**What you need to do**
Since only part of the records is wanted, repeat exactly the lines from the one containing "phone_target : Option" through the last line, both included.

**Records provided**
----------

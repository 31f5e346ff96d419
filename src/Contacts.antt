-- ===== src/Contacts.antt =====
-- Contact identifiers (backend/app/services/contacts.py and backend/app/db/models/contact.py).
pub mod Store
pub mod Import
pub mod Edit
use telegram_marketing_crm.Prelude.{
  ℕ, Bool, false, not, Option, none, some, [], ◌∷◌, ◌==◌, if◌then◌else◌, keep,
}
use telegram_marketing_crm.Prelude.Text.{
  mem_text, Text, codes, is_digit, lower, strip, strip_left, starts_with, show,
}
use telegram_marketing_crm.Models.Contact.{Contact}

-- `s or None`
abbrev pub or_none : Text → Option Text
or_none [] = none
or_none (c ∷ s) = some (c ∷ s)

plus : Text → Option Text
plus [] = none
plus (c ∷ digits) = some (b'+' ∷ c ∷ digits)

-- An empty text has no digits, so the early return on it changes nothing.
unfoldable pub normalize_phone : Option Text → Option Text
unfolding plus is_digit
normalize_phone none = none
normalize_phone (some value) = elim (strip value) [
  | [] ↦ none
  | c ∷ s ↦ plus (keep is_digit (c ∷ s))
]

unfoldable pub normalize_username : Option Text → Option Text
normalize_username none = none
normalize_username (some value) = or_none (lower (strip_left (λ c. c == b'@') (strip value)))

unfoldable pub parse_bool : Option Text → Bool
unfolding mem_text
parse_bool none = false
parse_bool (some value) =
    mem_text (lower (strip value))
      (codes "true" ∷ codes "1" ∷ codes "yes" ∷ codes "y" ∷ codes "t" ∷ [])

-- `if contact.telegram_user_id`
abbrev pub present_id : Option ℕ → Bool
present_id none = false
present_id (some k) = not (k == 0)

user_id_text : Option ℕ → Option Text
user_id_text none = none
user_id_text (some k) = if k == 0 then none else some (show k)

phone_target : Option Text → Option ℕ → Option Text
unfolding user_id_text
phone_target none user_id = user_id_text user_id
phone_target (some []) user_id = user_id_text user_id
phone_target (some (c ∷ s)) user_id =
    some (if starts_with (codes "+") (c ∷ s) then c ∷ s else b'+' ∷ c ∷ s)

username_target : Option Text → Option Text → Option ℕ → Option Text
unfolding phone_target
username_target none phone user_id = phone_target phone user_id
username_target (some []) phone user_id = phone_target phone user_id
username_target (some (c ∷ s)) phone user_id = some (b'@' ∷ c ∷ s)

unfoldable pub send_identifier : Contact → Option Text
unfolding username_target
send_identifier c = username_target c.username c.phone c.telegram_user_id

label_from : Option Text → Option Text → Option Text → ℕ → Text
label_from (some (c ∷ s)) username phone id = c ∷ s
label_from _ (some (c ∷ s)) phone id = b'@' ∷ c ∷ s
label_from _ _ (some (c ∷ s)) id = c ∷ s
label_from _ _ _ id = b'#' ∷ show id

-- `Contact.display_label`
unfoldable pub display_label : ℕ → Contact → Text
unfolding label_from
display_label id c = label_from c.name c.username c.phone id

----------

**Response**
phone_target : Option Text → Option ℕ → Option Text
unfolding user_id_text
phone_target none user_id = user_id_text user_id
phone_target (some []) user_id = user_id_text user_id
phone_target (some (c ∷ s)) user_id =
    some (if starts_with (codes "+") (c ∷ s) then c ∷ s else b'+' ∷ c ∷ s)

username_target : Option Text → Option Text → Option ℕ → Option Text
unfolding phone_target
username_target none phone user_id = phone_target phone user_id
username_target (some []) phone user_id = phone_target phone user_id
username_target (some (c ∷ s)) phone user_id = some (b'@' ∷ c ∷ s)

unfoldable pub send_identifier : Contact → Option Text
unfolding username_target
send_identifier c = username_target c.username c.phone c.telegram_user_id

label_from : Option Text → Option Text → Option Text → ℕ → Text
label_from (some (c ∷ s)) username phone id = c ∷ s
label_from _ (some (c ∷ s)) phone id = b'@' ∷ c ∷ s
label_from _ _ (some (c ∷ s)) id = c ∷ s
label_from _ _ _ id = b'#' ∷ show id

-- `Contact.display_label`
unfoldable pub display_label : ℕ → Contact → Text
unfolding label_from
display_label id c = label_from c.name c.username c.phone id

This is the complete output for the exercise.